McKelvy didn’t respond to requests for comment to his Asheville, North Carolina-based practice, Groth & McKelvy.

“Although we are disappointed and disagree with the panel’s findings, we will abide by the arbitrators’ decision,” Commonwealth Associate General Counsel Ellen Rosenberg said in a statement. “We have put this matter behind us.”

Womack, who left Commonwealth for Cambridge Investment Research in July 2020, declined to discuss the case when reached at his current office. He’s currently operating the North Carolina location of Summit Financial Solutions.

Case against former partner
Besides the disclosure that’s eligible for removal pending a review by FINRA’s Credentialing, Registration, Education and Disclosure Department, Womack’s BrokerCheck file shows no other regulatory dings over his 13-year career in the financial services. In the other case that Womack filed the month he left Commonwealth, he accused McKelvy of defamation, invasion of privacy and dissemination of private information, among other allegations relating to a buy-sell agreement between Womack and his former business partner.

McKelvy denied the allegations and made a counterclaim, accusing Womack of breach of contract, fraud, negligent misrepresentation, computer trespassing or conversion, and other allegations. He sought damages above $1 million in the counterclaim, while Womack requested more than $10 million.

In the Aug. 26 decision by the other panel in Charlotte, the arbitrators denied McKelvy’s counterclaim and ordered him to pay Womack $5,000 in compensatory damages for defamation. However, they also assessed a sanction of $10,000 for Womack to pay to McKelvy.

Womack and his attorney “represented to the panel that claimant was not using a script or notes while testifying during the evidentiary hearing, which was later determined to be untrue,” the arbitrators wrote. “Though the panel does not have jurisdiction to award sanctions against counsel, the panel believes that claimant's counsel was largely responsible for this misconduct.”

Case against Commonwealth
It’s not immediately clear what caused the split between the business partners in 2020, though Commonwealth’s “employment separation after allegations” comment on Womack’s record provides some hints. The firm permitted him to resign after Womack “made false representations to the state of NC while seeking unemployment benefits, failed to follow the firm's procedures regarding the use of hosted email and text messaging and misrepresented the credit quality of bonds held by an elderly client,” according to BrokerCheck.

In a comment replying to the firm, Womack responded to each aspect of the allegations.

“I was not the servicing advisor to the client whom I misspoke to about the bond issue and I had not spoken to the client in approximately two years before that time,” Womack said. “I had a medical condition that Commonwealth did not know about until after I disclosed it, which gave me basis for the unemployment claim, which was never finalized or received. Partner at that time was responsible for providing all secure technology and security apparatus per contract that I had with him.”

Womack filed the defamation claim against Commonwealth in September 2020, and he ultimately sought compensatory damages of $1.26 million and an unspecified amount of punitive damages. Commonwealth denied the allegations and filed its own counterclaim requesting more than $100,000 based on allegations of breach of contract in Womack’s March 2017 independent contractor agreement, promissory note and loan agreement.

In the decision, the arbitration panel called for the reason for Womack’s termination to be changed to “voluntary” and for the termination explanation to be left blank. The arbitrators denied any requests for attorney fees or treble damages, but they granted the punitive damages based on North Carolina state law.

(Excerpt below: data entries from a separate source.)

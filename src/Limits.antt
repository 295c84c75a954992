-- ===== src/Limits.antt =====
-- The rate limits of the API (crates/metrune-api/src/limits.rs). An instant is its number of ticks of
-- a nanosecond; the hash maps behind their locks are maps, and each call is one step on them.
pub mod Login
pub mod Rate
use metrune.Prelude.{ℕ, ◌*◌, ◌^◌}

abbrev pub Instant : Type 0
Instant = ℕ

-- `Duration::from_secs`
abbrev pub from_secs : ℕ → ℕ
from_secs n = n * 1_000_000_000

abbrev pub max_rate_limit_keys : ℕ
max_rate_limit_keys = 100_000

abbrev pub max_login_keys : ℕ
max_login_keys = 100_000

abbrev pub login_window : ℕ
login_window = from_secs 60

abbrev pub max_login_failures_per_window : ℕ
max_login_failures_per_window = 5
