-- ===== src/Limits/Login.antt =====
-- `LoginAttemptLimiter`, and the part of the handler `login` that it guards
-- (crates/metrune-api/src/limits.rs, crates/metrune-api/src/app.rs).
pub mod Counting
pub mod Lockout
use metrune.Prelude.{
  ℕ, zero, ◌+◌, ◌-◌, Bool, true, false, ◌&&◌, not, Option, none, some, List, [], ◌∷◌, ltb, leb,
  if◌then◌else◌, length,
}
use metrune.Prelude.Text.{Text}
use metrune.Prelude.Words.{u32_max, saturating_add}
use metrune.Prelude.Order.{text_ord}
use metrune.Prelude.TreeMap.{TreeMap, get, update, retain, remove}
use metrune.Limits.{Instant, max_login_keys, login_window, max_login_failures_per_window}

pub record LoginAttemptWindow : Type 0 where
  pub started_at : Instant
  pub failures : ℕ

abbrev pub Attempts : Type 0
Attempts = TreeMap Text LoginAttemptWindow

-- `now.duration_since(window.started_at) < LOGIN_WINDOW`
abbrev pub is_recent : Instant → LoginAttemptWindow → Bool
is_recent now window = ltb (now - window.started_at) login_window

unfoldable pub drop_old_when_full : Instant → Attempts → Attempts
drop_old_when_full now attempts =
    if leb max_login_keys (length attempts) then retain (is_recent now) attempts else attempts

abbrev pub is_exhausted : Option LoginAttemptWindow → Bool
is_exhausted none = false
is_exhausted (some window) = leb max_login_failures_per_window window.failures

unfoldable pub is_limited : Instant → Text → Attempts → Bool × Attempts
is_limited now key attempts =
    let kept = drop_old_when_full now attempts in (is_exhausted (get key kept), kept)

unfoldable pub count_failure : Instant → Option LoginAttemptWindow → LoginAttemptWindow
count_failure now none = record { started_at = now; failures = saturating_add u32_max 0 1 }
count_failure now (some window) =
    if leb login_window (now - window.started_at)
    then record { started_at = now; failures = saturating_add u32_max 0 1 }
    else record window { failures = saturating_add u32_max window.failures 1 }

-- `!attempts.contains_key(key)`
abbrev pub is_vacant : {V : Type 0} → Option V → Bool
is_vacant none = true
is_vacant (some v) = false

unfoldable pub record_failure : Instant → Text → Attempts → Attempts
record_failure now key attempts =
    let kept = drop_old_when_full now attempts in
    if leb max_login_keys (length attempts)
      && (leb max_login_keys (length kept) && is_vacant (get key kept))
    then kept
    else update key (count_failure now) kept

unfoldable pub reset : Text → Attempts → Attempts
reset key attempts = remove key attempts

pub data LoginReply : Type 0 where
  too_many_attempts invalid_credentials signed_in : LoginReply

-- One request for the account `key`; `valid` says whether exactly one user has the address and the
-- password verifies.
pub record LoginAttempt : Type 0 where
  pub at : Instant
  pub key : Text
  pub valid : Bool

-- The handler, from the check of the budget to the reset of the counter, of a request that no other
-- one overlaps: the source takes the lock of the limiter once for the check and once for the count.
unfoldable pub login : LoginAttempt → Attempts → LoginReply × Attempts
login a attempts =
    let (limited, kept) = is_limited a.at a.key attempts in
    if limited
    then (too_many_attempts, kept)
    else if a.valid
    then (signed_in, reset a.key kept)
    else (invalid_credentials, record_failure a.at a.key kept)

unfoldable pub logins : List LoginAttempt → Attempts → Attempts
logins [] attempts = attempts
logins (a ∷ rest) attempts = logins rest (login a attempts).1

“Punitive damages may be awarded only if the claimant proves that the defendant is liable for compensatory damages and that one of the following aggravating factors was present and was related to the injury for which compensatory damages were awarded: (1) fraud. (2) malice. (3) willful or wanton conduct,” the award states. “The panel finds the aggravating factor to be willful or wanton conduct based upon respondent’s placement of defamatory information on [the] claimant’s U5 records.”